What you will do: The expected output is exactly the lines below, starting at the line with "-- heap: of" and ending at the line with "rw (add, size, more, size)", both included; no other line belongs in it.

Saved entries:
-- ===== src/Utils/Heap/Insert.antt =====
-- HeapAdd puts a node into a heap.
use kernelpanic.Common.{
  ℕ, ◌+◌, ◌*◌, ◌/◌, ◌%◌, ◌^◌, ◌≤◌, ◌<◌, ◌≡◌, refl, sym, ap, ◌∙◌, subst, ◌≢◌, inl, inr, true, false,
  ◌||◌, Option, none, some, arith, ◌==◌, if◌then◌else◌, Bool-cases, eqb→eq, eqb→ne, eqb_of_ne,
}
use kernelpanic.Common.Outcome.{ok}
use kernelpanic.Common.Store.{update, update_self}
use kernelpanic.Utils.Heap.{
  Nodes, Heap, deref, is_null, set_left, set_right, set_parent, attach, as_leaf, add_at_tail, add,
  percolate_up,
}
use kernelpanic.Utils.Heap.Find.{find_element_lem}
use kernelpanic.Utils.Heap.Order.{Places, Ordered, percolate_up_lem}
use kernelpanic.Utils.Heap.Add.{
  IsHeap, IsAway, with_tail, Added, Added-Settled, grown-Places, grown-OrderedBut, Below-update,
  outside-Linked, attach-weight, at_tail, room, some-inj, none-ne-some,
}

-- HeapAdd to a heap with nodes.
add_to_some :
    (weight i : ℕ) (at : ℕ → Option ℕ) (h : Heap)
    → IsHeap at h
    → IsAway i at
    → 1 ≤ h.size
    → h.size + 1 < 2 ^ 32
    → Added weight i at h (
        add_at_tail i
          (record { head = h.head; size = h.size + 1; nodes = as_leaf weight i h.nodes }))
unfolding add_at_tail deref as_leaf
add_to_some weight i at h heap away low small =
    let n = h.size in
    let s = as_leaf weight i h.nodes in
    let outside : Places n at s = record {
      linked = outside-Linked at i weight h.nodes away heap.places.linked;
      filled = heap.places.filled;
      beyond = heap.places.beyond;
    } in
    let (p, at_q) = heap.places.filled ((n + 1) / 2) (omega arith) (omega arith) in
    let found =
      find_element_lem at (record { head = h.head; size = n + 1; nodes = s }) n ((n + 1) / 2)
        outside.linked outside.filled heap.head (omega arith) (omega arith) (omega arith)
        (omega arith) in
    let placed = attach p i s in
    let same : placed.weight ≡ update h.nodes.weight i weight = attach-weight p i s in
    let ordered : Ordered at placed.weight =
      subst (Ordered at) (sym same)
        (λ m two. Below-update at h.nodes.weight i weight m (m / 2) away (heap.ordered m two)) in
    let settled =
      percolate_up_lem (n + 1) (n + 1) (with_tail at n i) placed (n + 1) i
        (grown-Places i p outside low (left_leaf weight i h.nodes) (right_leaf weight i h.nodes)
          away at_q)
        (grown-OrderedBut n at placed.weight i heap.places.beyond ordered)
        (at_tail at n i (n + 1) refl) (omega arith) (omega arith) (omega arith) in
    let fits =
      has_room p
        (room i p outside low (left_leaf weight i h.nodes) (right_leaf weight i h.nodes) away at_q)
        outside at_q in
    rw (found, at_q, fits, settled.returns)
      (Added-Settled weight i at h placed (percolate_up (n + 1) i placed) heap low same settled)
  where
    has_room :
        {s : Nodes} (p : ℕ)
        → is_null (s.left p) ≡ (2 * ((h.size + 1) / 2) == h.size + 1)
        → Places h.size at s
        → at ((h.size + 1) / 2) ≡ some p
        → (is_null (s.left p) || is_null (s.right p)) ≡ true
    has_room {s} p e v q = elim (Bool-cases (2 * ((h.size + 1) / 2) == h.size + 1)) [
      | inl b ↦ rw (e, b) refl
      | inr b ↦
          let empty : s.right p ≡ none =
            v.linked.right ((h.size + 1) / 2) p q
            ∙ v.beyond (2 * ((h.size + 1) / 2) + 1)
                (omega (arith, eqb→ne (2 * ((h.size + 1) / 2)) (h.size + 1) b)) in
          rw (e, b, empty) (unfold is_null in refl)
    ]

    left_leaf : (weight i : ℕ) (s : Nodes) → (as_leaf weight i s).left i ≡ none
    left_leaf weight i s = unfold as_leaf set_left set_right in update_self s.left i none

    right_leaf : (weight i : ℕ) (s : Nodes) → (as_leaf weight i s).right i ≡ none
    right_leaf weight i s = unfold as_leaf set_left set_right in update_self s.right i none

-- HeapAdd to an empty heap.
add_to_none :
    (weight i : ℕ) (at : ℕ → Option ℕ) (h : Heap)
    → IsHeap at h
    → h.size ≡ 0
    → Added weight i at h (
        ok (
          some (record {
            head = some i;
            size = h.size + 1;
            nodes = set_parent i none (as_leaf weight i h.nodes);
          })))
unfolding as_leaf set_left set_right set_parent
add_to_none weight i at h heap z = record {
  last = only;
  heap = record {
    head = some i;
    size = h.size + 1;
    nodes = set_parent i none (as_leaf weight i h.nodes);
  };
  returns = refl;
  is_heap = record {
    places = record {
      linked = record {
        none_at = refl;
        once = λ m n j a b. let u = at_one m j a in let w = at_one n j b in u.0 ∙ sym w.0;
        left = λ m j a.
            let u = at_one m j a in
            ap (update h.nodes.left i none) (sym u.1)
            ∙ update_self h.nodes.left i none
            ∙ sym (ap (λ m. only (2 * m)) u.0);
        right = λ m j a.
            let u = at_one m j a in
            ap (update h.nodes.right i none) (sym u.1)
            ∙ update_self h.nodes.right i none
            ∙ sym (ap (λ m. only (2 * m + 1)) u.0);
        parent = λ m j a.
            let u = at_one m j a in
            ap (update h.nodes.parent i none) (sym u.1)
            ∙ update_self h.nodes.parent i none
            ∙ sym (ap (λ m. only (m / 2)) u.0);
      };
      filled = λ m a b. let one : m ≡ 1 = omega (arith, z) in (i, ap only one);
      beyond = λ m b. rw (eqb_of_ne m 1 (λ e. omega arith)) refl;
    };
    ordered = λ m two a b ha hb. let u = at_one m a ha in absurd (omega (arith, u.0));
    head = refl;
  };
  size = refl;
  inside = (1, refl);
  kept = λ m j a. absurd (nothing m j a);
  no_more = λ m j a. let u = at_one m j a in inl (sym u.1);
  weights = refl;
}
  where
    only : ℕ → Option ℕ
    only m = if m == 1 then some i else none

    at_one : (m j : ℕ) → only m ≡ some j → (m ≡ 1) × (i ≡ j)
    at_one m j a = elim (Bool-cases (m == 1)) [
      | inl e ↦ (eqb→eq m 1 e, some-inj (rw e at a))
      | inr e ↦ absurd (none-ne-some (rw e at a))
    ]

    nothing : (m j : ℕ) → at m ≢ some j
    nothing m j a = elim (Bool-cases (m == 0)) [
      | inl e ↦ none-ne-some (sym (ap at (eqb→eq m 0 e) ∙ heap.places.linked.none_at) ∙ a)
      | inr e ↦ none-ne-some (sym (heap.places.beyond m (omega (arith, eqb→ne m 0 e))) ∙ a)
    ]

-- HeapAdd of a node that a heap does not hold fails no check, ends within its fuel, and leaves a
-- heap: of one node more, the nodes of before and the new one, in order, with the weight of the new
-- node as given and the others as they were. The size stays below 2 ^ 32.
pub add_lem :
    (weight i : ℕ) (at : ℕ → Option ℕ) (h : Heap)
    → IsHeap at h
    → IsAway i at
    → h.size + 1 < 2 ^ 32
    → Added weight i at h (add weight i h)
unfolding add
add_lem weight i at h heap away small =
    let size : (h.size + 1) % 2 ^ 64 ≡ h.size + 1 = omega arith in
    elim (Bool-cases (h.size == 0)) [
      | inl e ↦
          let z = eqb→eq h.size 0 e in
          let first : (h.size + 1 == 1) ≡ true = ground arith in
          rw (add, size, first, size) (add_to_none weight i at h heap z)
      | inr e ↦
          let more : (h.size + 1 == 1) ≡ false = ground arith in
          rw (add, size, more, size)
            (add_to_some weight i at h heap away (omega (arith, eqb→ne h.size 0 e)) small)
    ]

Problem solution:
-- heap: of one node more, the nodes of before and the new one, in order, with the weight of the new
-- node as given and the others as they were. The size stays below 2 ^ 32.
pub add_lem :
    (weight i : ℕ) (at : ℕ → Option ℕ) (h : Heap)
    → IsHeap at h
    → IsAway i at
    → h.size + 1 < 2 ^ 32
    → Added weight i at h (add weight i h)
unfolding add
add_lem weight i at h heap away small =
    let size : (h.size + 1) % 2 ^ 64 ≡ h.size + 1 = omega arith in
    elim (Bool-cases (h.size == 0)) [
      | inl e ↦
          let z = eqb→eq h.size 0 e in
          let first : (h.size + 1 == 1) ≡ true = ground arith in
          rw (add, size, first, size) (add_to_none weight i at h heap z)
      | inr e ↦
          let more : (h.size + 1 == 1) ≡ false = ground arith in
          rw (add, size, more, size)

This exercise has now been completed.